InterSpeech 2021

Harmonic WaveGAN: GAN-Based Speech Waveform Generation Model with Harmonic Structure Discriminator
(3 minutes introduction)

Kazuki Mizuta (University of Tokyo, Japan), Tomoki Koriyama (University of Tokyo, Japan), Hiroshi Saruwatari (University of Tokyo, Japan)
This paper proposes Harmonic WaveGAN, a GAN-based waveform generation model that focuses on the harmonic structure of a speech waveform. Our proposed model uses two discriminators to capture characteristics of a speech waveform in a time domain and in a frequency domain, respectively. In one of them, a harmonic structure discriminator, a 2-D convolution layer called “harmonic convolution” is inserted to model a harmonic structure of a speech waveform.

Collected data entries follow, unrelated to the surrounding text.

-- ===== src/ControlFlow/Lazy.antt =====
-- LazyGetReachabilityForPc of centipede/control_flow.h: what the results kept are, and that they
-- are computed once.
use fuzztest.Common.{
  Option, ℕ, ◌<◌, ◌≡◌, ◌≢◌, ◌∙◌, sym, refl, ap, subst, inl, inr, true, List, none, some, length,
  length-set, set, get_or, get_or-set_self, get_or-set_ne, ◌==◌, ==_iff, Bool-cases, Option-cases,
  arith,
}
use fuzztest.Common.Abort.{done}
use fuzztest.Common.Maps.{find, find-has_key}
use fuzztest.ControlFlow.{
  ControlFlowGraph, exists, is_in_pc_table, get_pc_index, compute_reachability_for_pc,
  lazy_get_reachability_for_pc, call_once,
}
use fuzztest.ControlFlow.Reachability.{compute_reachability_for_pc_lem}

-- Every pc of the table has a place of its own, and a result that is kept there is its result.
pub record IsCached (c : ControlFlowGraph) : Type 0 where
  pub sized : length c.reachability ≡ length c.pc_index_map
  pub in_range : (pc i : ℕ) → find pc c.pc_index_map ≡ some i → i < length c.reachability
  pub apart :
      (pc pc' i : ℕ) → find pc c.pc_index_map ≡ some i → find pc' c.pc_index_map ≡ some i → pc ≡ pc'
  pub right :
      (pc i : ℕ) (r : List ℕ)
      → find pc c.pc_index_map ≡ some i
      → get_or c.reachability i none ≡ some r
      → compute_reachability_for_pc c.graph pc ≡ done r

-- The graph with other kept results.
abbrev pub with_reach : ControlFlowGraph → List (Option (List ℕ)) → ControlFlowGraph
with_reach c reach = record c { reachability = reach }

-- The graph after the result for `pc` is kept at `i`.
abbrev pub kept : ControlFlowGraph → ℕ → List ℕ → ControlFlowGraph
kept c i r = record c { reachability = set c.reachability i (some r) }

kept-IsCached :
    (c : ControlFlowGraph) (pc i : ℕ) (r : List ℕ)
    → IsCached c
    → find pc c.pc_index_map ≡ some i
    → compute_reachability_for_pc c.graph pc ≡ done r
    → IsCached (kept c i r)
kept-IsCached c pc i r h f eq = record {
  sized = length-set c.reachability i (some r) ∙ h.sized;
  in_range = λ q j e. omega (arith, length-set c.reachability i (some r), h.in_range q j e);
  apart = h.apart;
  right = λ q j s e g. elim (Bool-cases (i == j)) [
    | inl same ↦
        let ij : i ≡ j = (==_iff i j).0 same in
        let new : get_or (set c.reachability i (some r)) i none ≡ some r =
          get_or-set_self c.reachability i (some r) none (h.in_range pc i f) in
        let new_j : get_or (set c.reachability i (some r)) j none ≡ some r =
          subst (λ k. get_or (set c.reachability i (some r)) k none ≡ some r) ij new in
        let rs : r ≡ s = let both = sym new_j ∙ g in cc in
        let pcs : pc ≡ q = h.apart pc q i f (rw ij e) in
        subst (λ p. compute_reachability_for_pc c.graph p ≡ done s) pcs (eq ∙ ap done rs)
    | inr other ↦
        let ne : i ≢ j = λ same. ground arith in
        h.right q j s e (sym (get_or-set_ne c.reachability (some r) none ne) ∙ g)
  ];
}

call_once-kept :
    (c : ControlFlowGraph) (pc i : ℕ) (r : List ℕ)
    → get_or c.reachability i none ≡ some r
    → call_once c pc i ≡ done (r, c)
unfolding call_once
call_once-kept c pc i r g = rw (call_once, g) refl

call_once-computed :
    (c : ControlFlowGraph) (pc i : ℕ) (r : List ℕ)
    → get_or c.reachability i none ≡ none
    → compute_reachability_for_pc c.graph pc ≡ done r
    → call_once c pc i ≡ done (r, kept c i r)
unfolding call_once
call_once-computed c pc i r g e = rw (call_once, g) (rw (e) refl)

lazy-kept :
    (c : ControlFlowGraph) (pc i : ℕ) (r : List ℕ)
    → length c.reachability ≡ length c.pc_index_map
    → find pc c.pc_index_map ≡ some i
    → get_or c.reachability i none ≡ some r
    → lazy_get_reachability_for_pc c pc ≡ done (r, c)
unfolding lazy_get_reachability_for_pc get_pc_index
lazy-kept c pc i r s f g =
    let sized : (length c.reachability == length c.pc_index_map) ≡ true = ground arith in
    rw (sized, get_pc_index, f) (call_once-kept c pc i r g)

lazy-computed :
    (c : ControlFlowGraph) (pc i : ℕ) (r : List ℕ)
    → length c.reachability ≡ length c.pc_index_map
    → find pc c.pc_index_map ≡ some i
    → get_or c.reachability i none ≡ none
    → compute_reachability_for_pc c.graph pc ≡ done r
    → lazy_get_reachability_for_pc c pc ≡ done (r, kept c i r)
unfolding lazy_get_reachability_for_pc get_pc_index
lazy-computed c pc i r s f g e =
    let sized : (length c.reachability == length c.pc_index_map) ≡ true = ground arith in
    rw (sized, get_pc_index, f) (call_once-computed c pc i r g e)

-- From a graph whose kept results are right, a block of the graph and of the PC table gets the
-- result of ComputeReachabilityForPc. The graph after that differs in the kept results alone, these
-- are right, and another call on it returns the same without a change.
pub lazy_get_reachability_for_pc_lem :
    (c : ControlFlowGraph) (pc : ℕ)
    → IsCached c
    → is_in_pc_table c pc ≡ true
    → exists c.graph pc ≡ true
    → (r : List ℕ) × (reach : List (Option (List ℕ))) × (lazy_get_reachability_for_pc c pc
        ≡ done (r, with_reach c reach))
      × (compute_reachability_for_pc c.graph pc ≡ done r)
      × IsCached (with_reach c reach)
      × (lazy_get_reachability_for_pc (with_reach c reach) pc ≡ done (r, with_reach c reach))
unfolding is_in_pc_table
lazy_get_reachability_for_pc_lem c pc h t e =
    let (i, f) = find-has_key pc c.pc_index_map t in
    elim (Option-cases (get_or c.reachability i none)) [
      | inr (r, g) ↦
          let same = lazy-kept c pc i r h.sized f g in
          (r, c.reachability, same, h.right pc i r f g, h, same)
      | inl g ↦
          let (r, eq, _) = compute_reachability_for_pc_lem c.graph pc e in
          let after = kept-IsCached c pc i r h f eq in
          (
            r,
            set c.reachability i (some r),
            lazy-computed c pc i r h.sized f g eq,
            eq,
            after,
            lazy-kept (kept c i r) pc i r after.sized f
                (get_or-set_self c.reachability i (some r) none (h.in_range pc i f)),
          )
    ]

Although harmonic convolution has been shown to perform well in audio restoration tasks, this convolution layer has not yet been fully explored in the field of speech synthesis. Therefore, we seek to improve the perceptual quality of speech samples synthesized by the waveform generation model and investigate the usefulness of harmonic convolution in the field of speech synthesis. Mean opinion score tests showed that the Harmonic WaveGAN can synthesize more natural speech than conventional Parallel WaveGAN. We also showed that a spectrogram of a speech waveform showed a clearer harmonic structure when synthesized by our model than a speech waveform synthesized by the original Parallel WaveGAN.